Specific Design Considerations
The scale of investment in plant equipment does not often allow for the building of redundancy into systems. For the compressor industry, the requirement of the near-permanent availability of compressors greatly affects critical components such as dry gas seals. The reliability of these components is dependent on how they are operated, the seal technology and the materials used. In special large-diameter, dry gas seal applications, it is typically slow roll conditions, compressor train coast-down and low compressor suction pressures that present the greatest challenge.
Dry Gas Seals
If the seal faces are separated by the pressure differential across the seal, only hydrostatic lift takes place. This will occur when the opening force of the pressure between the seal faces is slightly greater than the closing force of the seal. The pressure that builds from the shallow grooves in the rotating seat separates the seal faces. The spring force and the friction of the secondary sealing element mostly determine the low-pressure closing force of the seal.
In any case, for a certain period, while the seal faces are not completely separated, asperity contacts occur first and as the speed approaches 0 RPM, the surfaces contact fully.

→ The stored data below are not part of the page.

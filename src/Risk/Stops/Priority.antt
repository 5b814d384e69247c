-- ===== src/Risk/Stops/Priority.antt =====
-- Which stop of risk/stops.py is signalled: the first that is due, in the order of the source.
use squeeze_hunter.Prelude.{
  ℕ, ◌≡◌, ◌≢◌, ◌≤◌, ◌↔◌, refl, Bool, true, false, not, ◌&&◌, leb, Option, none, some, ok, arith,
  if◌then◌else◌,
}
use squeeze_hunter.Prelude.Floats.{Floats, nought, ◌≼◌, ◌≺◌, IsOrdered}
use squeeze_hunter.Setup.{Setup}
use squeeze_hunter.Risk.Stops.{
  Action, StopReason, StopSignal, StopState, StopParams, signal, holding, trailing_for,
  evaluate_stops,
}
use squeeze_hunter.Risk.Stops.Soundness.{evaluate_stops-eq-first}

-- The order of the stops.
abbrev pub rank_of : StopReason → ℕ
rank_of StopReason.hard_stop = 0
rank_of StopReason.trailing_stop = 1
rank_of StopReason.time_stop = 2
rank_of StopReason.signal_decay_75 = 3
rank_of StopReason.signal_decay_50 = 4

-- Only half a lost score sells half.
abbrev pub action_for : StopReason → Action
action_for StopReason.signal_decay_50 = Action.halve
action_for reason = Action.exit

module _ {F : Type 0} ⦃f : Floats F⦄ where
  -- The change from a reference, as a part of it.
  abbrev pub change : F → F → F
  change now reference = f.quotient (f.sub now reference) reference

  -- A fall as deep as the distance of the setup; any setup but the two named has the mixed one.
  abbrev pub IsDeep : StopParams F → Setup → F → Type 0
  IsDeep p setup fall =
      (setup ≡ Setup.car → fall ≼ f.neg p.trailing_car)
      × (setup ≡ Setup.gme → fall ≼ f.neg p.trailing_gme)
      × (setup ≢ Setup.car → setup ≢ Setup.gme → fall ≼ f.neg p.trailing_mixed)

  -- When each stop is due by itself. The lost part of the score is counted of the entry score.
  abbrev pub IsDue : StopState F → F → StopParams F → StopReason → Type 0
  IsDue st price p StopReason.hard_stop = change price st.entry_price ≼ p.hard_stop
  IsDue st price p StopReason.trailing_stop =
      (st.entry_price ≺ st.peak_price) × IsDeep p st.setup_type (change price st.peak_price)
  IsDue st price p StopReason.time_stop = p.time_stop_bars ≤ st.bars_held
  IsDue st price p StopReason.signal_decay_75 =
      (nought ≺ st.entry_score)
      × (p.signal_decay_exit ≼ f.quotient (f.sub st.entry_score st.current_score) st.entry_score)
  IsDue st price p StopReason.signal_decay_50 =
      (nought ≺ st.entry_score)
      × (p.signal_decay_halve ≼ f.quotient (f.sub st.entry_score st.current_score) st.entry_score)
      × (st.halved ≡ false)

  -- The signal names a stop that is due and acts as that stop does, no stop before it is due, and it
  -- is to hold only if none is.
  pub record IsFirstDue (st : StopState F) (price : F) (p : StopParams F) (s : StopSignal)
      : Type 0 where
    pub named :
        (r : StopReason) → s.reason ≡ some r → IsDue st price p r × (s.action ≡ action_for r)
    pub held : s.reason ≡ none → s.action ≡ Action.hold
    pub first :
        (q : StopReason)
        → IsDue st price p q
        → (r : StopReason) × (s.reason ≡ some r) × (rank_of r ≤ rank_of q)

module _ {F : Type 0} ⦃f : Floats F⦄ where
  IsDeep_lem :
      (p : StopParams F) (setup : Setup) (fall : F)
      → IsDeep p setup fall ↔ (f.le fall (f.neg (trailing_for setup p)) ≡ true)
  IsDeep_lem p Setup.car fall =
      ((λ d. d.0 refl), λ e. ((λ c. e), (λ c. cc), λ n m. absurd (n refl)))
  IsDeep_lem p Setup.gme fall =
      ((λ d. d.1 refl), λ e. ((λ c. cc), (λ c. e), λ n m. absurd (m refl)))
  IsDeep_lem p Setup.mixed fall =
      ((λ d. d.2 (λ c. cc) (λ c. cc)), λ e. ((λ c. cc), (λ c. cc), λ n m. e))
  IsDeep_lem p Setup.weak fall =
      ((λ d. d.2 (λ c. cc) (λ c. cc)), λ e. ((λ c. cc), (λ c. cc), λ n m. e))
  IsDeep_lem p (Setup.unlisted n) fall =
      ((λ d. d.2 (λ c. cc) (λ c. cc)), λ e. ((λ c. cc), (λ c. cc), λ n m. e))

  -- The test of each stop.
  abbrev fires : StopState F → F → StopParams F → StopReason → Bool
  fires st price p StopReason.hard_stop = f.le (change price st.entry_price) p.hard_stop
  fires st price p StopReason.trailing_stop =
      f.lt st.entry_price st.peak_price
      && f.le (change price st.peak_price) (f.neg (trailing_for st.setup_type p))
  fires st price p StopReason.time_stop = leb p.time_stop_bars st.bars_held
  fires st price p StopReason.signal_decay_75 =
      f.lt nought st.entry_score
      && f.le p.signal_decay_exit
          (f.quotient (f.sub st.entry_score st.current_score) st.entry_score)
  fires st price p StopReason.signal_decay_50 =
      f.lt nought st.entry_score
      && (f.le p.signal_decay_halve
            (f.quotient (f.sub st.entry_score st.current_score) st.entry_score)
          && not st.halved)

  fires_iff :
      (st : StopState F) (price : F) (p : StopParams F) (r : StopReason)
      → IsDue st price p r ↔ (fires st price p r ≡ true)
  fires_iff st price p StopReason.hard_stop = ((λ h. h), λ h. h)
  fires_iff st price p StopReason.trailing_stop =
      let deep = IsDeep_lem p st.setup_type (change price st.peak_price) in
      ((λ (above, d). let e = deep.0 d in ground arith), λ e. (ground arith, deep.1 (ground arith)))
  fires_iff st price p StopReason.time_stop = ground arith
  fires_iff st price p StopReason.signal_decay_75 = ground arith
  fires_iff st price p StopReason.signal_decay_50 = ground arith

-- The first of five tests that holds.
abbrev first_of : (StopReason → Bool) → StopSignal
first_of test =
    if test StopReason.hard_stop
    then signal Action.exit StopReason.hard_stop
    else if test StopReason.trailing_stop
    then signal Action.exit StopReason.trailing_stop
    else if test StopReason.time_stop
    then signal Action.exit StopReason.time_stop
    else if test StopReason.signal_decay_75
    then signal Action.exit StopReason.signal_decay_75
    else if test StopReason.signal_decay_50
    then signal Action.halve StopReason.signal_decay_50
    else holding

first_of-named :
    (test : StopReason → Bool) (r : StopReason)
    → (first_of test).reason ≡ some r
    → (test r ≡ true) × ((first_of test).action ≡ action_for r)
first_of-named test StopReason.hard_stop e = ground arith
first_of-named test StopReason.trailing_stop e = ground arith
first_of-named test StopReason.time_stop e = ground arith
first_of-named test StopReason.signal_decay_75 e = ground arith
first_of-named test StopReason.signal_decay_50 e = ground arith

first_of-held :
    (test : StopReason → Bool)
    → (first_of test).reason ≡ none
    → (first_of test).action ≡ Action.hold
first_of-held test e = ground arith

-- The reason of a signal that has one.
abbrev reason_or : Option StopReason → StopReason
reason_or none = StopReason.signal_decay_50
reason_or (some r) = r

first_of-first :
    (test : StopReason → Bool) (q : StopReason)
    → test q ≡ true
    → (r : StopReason) × ((first_of test).reason ≡ some r) × (rank_of r ≤ rank_of q)
first_of-first test q due = (reason_or (first_of test).reason, found test q due, early test q due)
  where
    found :
        (test : StopReason → Bool) (q : StopReason)
        → test q ≡ true
        → (first_of test).reason ≡ some (reason_or (first_of test).reason)
    found test StopReason.hard_stop due = ground arith
    found test StopReason.trailing_stop due = ground arith
    found test StopReason.time_stop due = ground arith
    found test StopReason.signal_decay_75 due = ground arith
    found test StopReason.signal_decay_50 due = ground arith

    early :
        (test : StopReason → Bool) (q : StopReason)
        → test q ≡ true
        → rank_of (reason_or (first_of test).reason) ≤ rank_of q
    early test StopReason.hard_stop due = ground arith
    early test StopReason.trailing_stop due = ground arith
    early test StopReason.time_stop due = ground arith
    early test StopReason.signal_decay_75 due = ground arith
    early test StopReason.signal_decay_50 due = ground arith

module _ {F : Type 0} ⦃f : Floats F⦄ (laws : IsOrdered F) where
  -- On a position with a positive entry price the evaluation raises nothing. Its signal names a stop
  -- that is due, with half the position sold for the half-lost score alone and all of it for the
  -- others; no stop of an earlier rank is due: the hard one, the trailing one at the distance of the
  -- setup, the one on time and the two on the score. It is to hold only if no stop is due.
  pub evaluate_stops-IsFirstDue :
      (st : StopState F) (price : F) (p : StopParams F)
      → nought ≺ st.entry_price
      → (s : StopSignal) × (evaluate_stops st price p ≡ ok s) × IsFirstDue st price p s
  evaluate_stops-IsFirstDue st price p priced =
      let test = fires st price p in
      (
        first_of test,
        evaluate_stops-eq-first laws st price p priced,
        record {
          named = λ r e.
              let (fired, acts) = first_of-named test r e in
              ((fires_iff st price p r).1 fired, acts);
          held = first_of-held test;
          first = λ q due. first_of-first test q ((fires_iff st price p q).0 due);
        },
      )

By lowering the axial load, the touchdown speed is reduced. Therefore, contacts occur on a much lower energy transfer in the tribological system, where neither surface polishing nor wear occur. This contributes to an increase in seal reliability and robustness.
Contacting Slow Roll Conditions
Some of the large-diameter applications use compressor drivers, mainly steam turbines, which require specific attention in the cooling process after shut down and in the heating process before start up, to avoid uneven and rapid temperature gradients in the shaft. With a slow-turning process shaft, permanent shaft bending can be avoided.
For the dry gas seals, two different slow roll conditions should be considered: 1) slow roll without hydrodynamic seal separation; 2) slow roll with hydrodynamic seal separation.
The second case will not be discussed in detail; the upper speed limit is given by the compressor design and should be lower than the speed the compressor requires to produce head. The lower speed limit for this case is given by the hydrodynamic lift-off capabilities of the dry gas seal. This is in the area of approximately 1m/s tip speed at the outside diameter of the seal rotor.
In this case, special precautions should be taken to maintain positive pressure differentials across both the inboard and the outboard seal. The positive-pressure differential will avoid backpressure conditions for both seal stages and provide sufficient aerostatic lift-off. This lift-off is required for film stabilization during slow-roll and transient operating conditions. The clean gas flow to the process side is relatively high.
As an alternative, a single-seal configuration, as shown in Figure 3, provides a simpler and more robust seal and system solution. The inboard seal continually provides the necessary minimum positive pressure differential by the clean gas. The clean gas flow and, subsequently, the internal compressor mass flow losses are minimized. From a safety aspect, the barrier seal is capable of handling the full process pressure differential even in dynamic conditions. In the unlikely event of a seal failure, the compressor can be safely shut down.
Future Sealing Solutions
Over the last decade, the shaft size of turbo compressor units for LNG applications has increased significantly. Current projections indicate that further increases in scale will continue to increase compressor efficiency and reduce production costs. Key to success is working with a seal manufacturer who has made investments in reliable, large-diameter sealing solutions.